Saved entries:

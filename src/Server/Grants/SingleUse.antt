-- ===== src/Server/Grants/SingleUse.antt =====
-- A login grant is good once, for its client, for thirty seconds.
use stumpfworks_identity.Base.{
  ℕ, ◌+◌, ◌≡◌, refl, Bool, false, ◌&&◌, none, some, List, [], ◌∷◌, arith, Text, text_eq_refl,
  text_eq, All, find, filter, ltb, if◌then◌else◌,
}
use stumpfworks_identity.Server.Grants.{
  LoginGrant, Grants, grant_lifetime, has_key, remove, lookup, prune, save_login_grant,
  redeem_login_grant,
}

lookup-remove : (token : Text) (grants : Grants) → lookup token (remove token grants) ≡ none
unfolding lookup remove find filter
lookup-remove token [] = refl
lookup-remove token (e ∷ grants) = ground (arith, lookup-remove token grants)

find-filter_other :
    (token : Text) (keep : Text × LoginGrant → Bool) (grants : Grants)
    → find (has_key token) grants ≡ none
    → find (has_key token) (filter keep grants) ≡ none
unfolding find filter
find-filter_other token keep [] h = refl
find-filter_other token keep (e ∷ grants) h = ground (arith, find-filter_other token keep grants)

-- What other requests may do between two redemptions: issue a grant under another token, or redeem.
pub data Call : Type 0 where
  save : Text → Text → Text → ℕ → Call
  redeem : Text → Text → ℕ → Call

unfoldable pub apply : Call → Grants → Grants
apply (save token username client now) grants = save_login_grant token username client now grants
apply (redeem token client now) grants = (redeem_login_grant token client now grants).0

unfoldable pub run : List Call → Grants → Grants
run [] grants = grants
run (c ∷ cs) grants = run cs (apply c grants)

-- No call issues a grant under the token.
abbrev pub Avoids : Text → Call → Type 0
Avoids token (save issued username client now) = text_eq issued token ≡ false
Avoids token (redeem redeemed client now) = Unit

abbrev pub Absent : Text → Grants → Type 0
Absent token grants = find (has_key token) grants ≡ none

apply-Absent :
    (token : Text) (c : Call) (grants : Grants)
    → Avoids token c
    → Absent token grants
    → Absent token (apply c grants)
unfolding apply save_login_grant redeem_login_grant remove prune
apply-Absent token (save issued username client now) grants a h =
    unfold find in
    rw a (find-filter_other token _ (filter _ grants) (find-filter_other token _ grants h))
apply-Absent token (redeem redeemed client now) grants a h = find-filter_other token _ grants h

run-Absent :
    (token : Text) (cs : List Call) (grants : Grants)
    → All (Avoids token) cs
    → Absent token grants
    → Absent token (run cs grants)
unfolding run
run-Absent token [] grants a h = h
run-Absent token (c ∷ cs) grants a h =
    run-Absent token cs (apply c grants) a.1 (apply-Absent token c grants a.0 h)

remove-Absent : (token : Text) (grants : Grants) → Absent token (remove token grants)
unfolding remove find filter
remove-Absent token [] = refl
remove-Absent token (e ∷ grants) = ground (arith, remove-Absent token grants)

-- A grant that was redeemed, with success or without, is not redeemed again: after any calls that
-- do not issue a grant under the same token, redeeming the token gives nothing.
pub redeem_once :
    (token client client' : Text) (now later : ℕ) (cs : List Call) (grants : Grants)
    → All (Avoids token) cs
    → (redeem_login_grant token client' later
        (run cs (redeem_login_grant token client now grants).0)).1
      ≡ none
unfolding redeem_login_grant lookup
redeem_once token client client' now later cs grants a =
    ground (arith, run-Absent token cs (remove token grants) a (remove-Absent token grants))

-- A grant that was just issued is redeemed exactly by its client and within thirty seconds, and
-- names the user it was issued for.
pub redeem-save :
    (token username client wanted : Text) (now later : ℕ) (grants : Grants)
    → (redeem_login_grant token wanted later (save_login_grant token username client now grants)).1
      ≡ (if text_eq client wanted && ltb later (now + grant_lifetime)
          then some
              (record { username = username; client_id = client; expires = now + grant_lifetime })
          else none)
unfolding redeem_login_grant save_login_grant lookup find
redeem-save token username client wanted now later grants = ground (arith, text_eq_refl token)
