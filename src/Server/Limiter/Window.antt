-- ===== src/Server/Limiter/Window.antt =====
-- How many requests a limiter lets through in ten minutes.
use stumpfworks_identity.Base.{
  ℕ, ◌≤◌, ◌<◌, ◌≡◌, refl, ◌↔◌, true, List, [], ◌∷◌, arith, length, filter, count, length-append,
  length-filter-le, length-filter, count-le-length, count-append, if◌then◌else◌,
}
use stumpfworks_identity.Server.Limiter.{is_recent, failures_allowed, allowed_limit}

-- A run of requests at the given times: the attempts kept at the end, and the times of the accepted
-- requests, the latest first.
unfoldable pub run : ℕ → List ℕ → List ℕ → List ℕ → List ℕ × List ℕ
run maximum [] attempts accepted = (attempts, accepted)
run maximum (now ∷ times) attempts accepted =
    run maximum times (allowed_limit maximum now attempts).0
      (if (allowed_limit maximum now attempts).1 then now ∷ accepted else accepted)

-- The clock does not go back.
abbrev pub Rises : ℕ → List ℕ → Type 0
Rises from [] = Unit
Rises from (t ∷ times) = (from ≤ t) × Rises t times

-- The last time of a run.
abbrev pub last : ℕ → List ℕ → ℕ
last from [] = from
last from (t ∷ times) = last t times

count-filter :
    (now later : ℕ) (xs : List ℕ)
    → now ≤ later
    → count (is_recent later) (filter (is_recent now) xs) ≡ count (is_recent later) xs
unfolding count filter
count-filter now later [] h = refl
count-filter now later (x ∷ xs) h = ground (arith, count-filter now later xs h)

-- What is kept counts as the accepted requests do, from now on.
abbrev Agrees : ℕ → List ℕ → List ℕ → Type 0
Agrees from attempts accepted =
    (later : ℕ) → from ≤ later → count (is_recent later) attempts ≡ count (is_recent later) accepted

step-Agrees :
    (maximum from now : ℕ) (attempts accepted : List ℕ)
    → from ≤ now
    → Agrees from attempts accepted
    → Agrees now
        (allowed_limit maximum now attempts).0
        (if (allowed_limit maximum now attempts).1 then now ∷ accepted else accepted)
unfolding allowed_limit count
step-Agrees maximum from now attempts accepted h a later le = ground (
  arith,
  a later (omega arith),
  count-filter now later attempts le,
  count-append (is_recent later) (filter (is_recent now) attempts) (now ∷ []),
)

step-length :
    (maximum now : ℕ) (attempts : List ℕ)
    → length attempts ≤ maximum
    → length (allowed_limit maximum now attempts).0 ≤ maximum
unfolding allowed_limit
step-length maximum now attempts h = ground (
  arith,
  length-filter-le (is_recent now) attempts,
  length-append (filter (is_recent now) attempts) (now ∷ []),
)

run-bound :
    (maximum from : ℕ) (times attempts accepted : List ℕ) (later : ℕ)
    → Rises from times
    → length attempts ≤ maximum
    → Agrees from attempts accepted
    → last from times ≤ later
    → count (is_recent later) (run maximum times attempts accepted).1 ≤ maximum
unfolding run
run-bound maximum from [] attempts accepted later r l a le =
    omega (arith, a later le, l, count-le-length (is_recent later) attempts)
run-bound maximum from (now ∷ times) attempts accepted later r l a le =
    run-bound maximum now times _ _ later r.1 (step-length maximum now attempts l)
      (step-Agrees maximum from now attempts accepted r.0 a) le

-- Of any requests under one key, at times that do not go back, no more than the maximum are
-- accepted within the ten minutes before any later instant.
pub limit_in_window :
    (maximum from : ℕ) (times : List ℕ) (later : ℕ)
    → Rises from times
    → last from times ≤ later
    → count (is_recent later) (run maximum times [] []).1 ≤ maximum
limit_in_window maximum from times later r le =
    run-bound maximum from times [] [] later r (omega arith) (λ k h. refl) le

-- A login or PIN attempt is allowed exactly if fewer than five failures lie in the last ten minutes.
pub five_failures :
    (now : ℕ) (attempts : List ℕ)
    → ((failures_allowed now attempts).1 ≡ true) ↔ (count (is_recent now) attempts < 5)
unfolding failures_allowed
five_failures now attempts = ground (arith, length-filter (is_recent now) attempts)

## Work request
Output the lines of the records above exactly as they appear, from the line containing "run-bound maximum from times" through the line containing "(now : ℕ) (attempts : List ℕ)".

## Solution for this task
    run-bound maximum from times [] [] later r (omega arith) (λ k h. refl) le

-- A login or PIN attempt is allowed exactly if fewer than five failures lie in the last ten minutes.
pub five_failures :
    (now : ℕ) (attempts : List ℕ)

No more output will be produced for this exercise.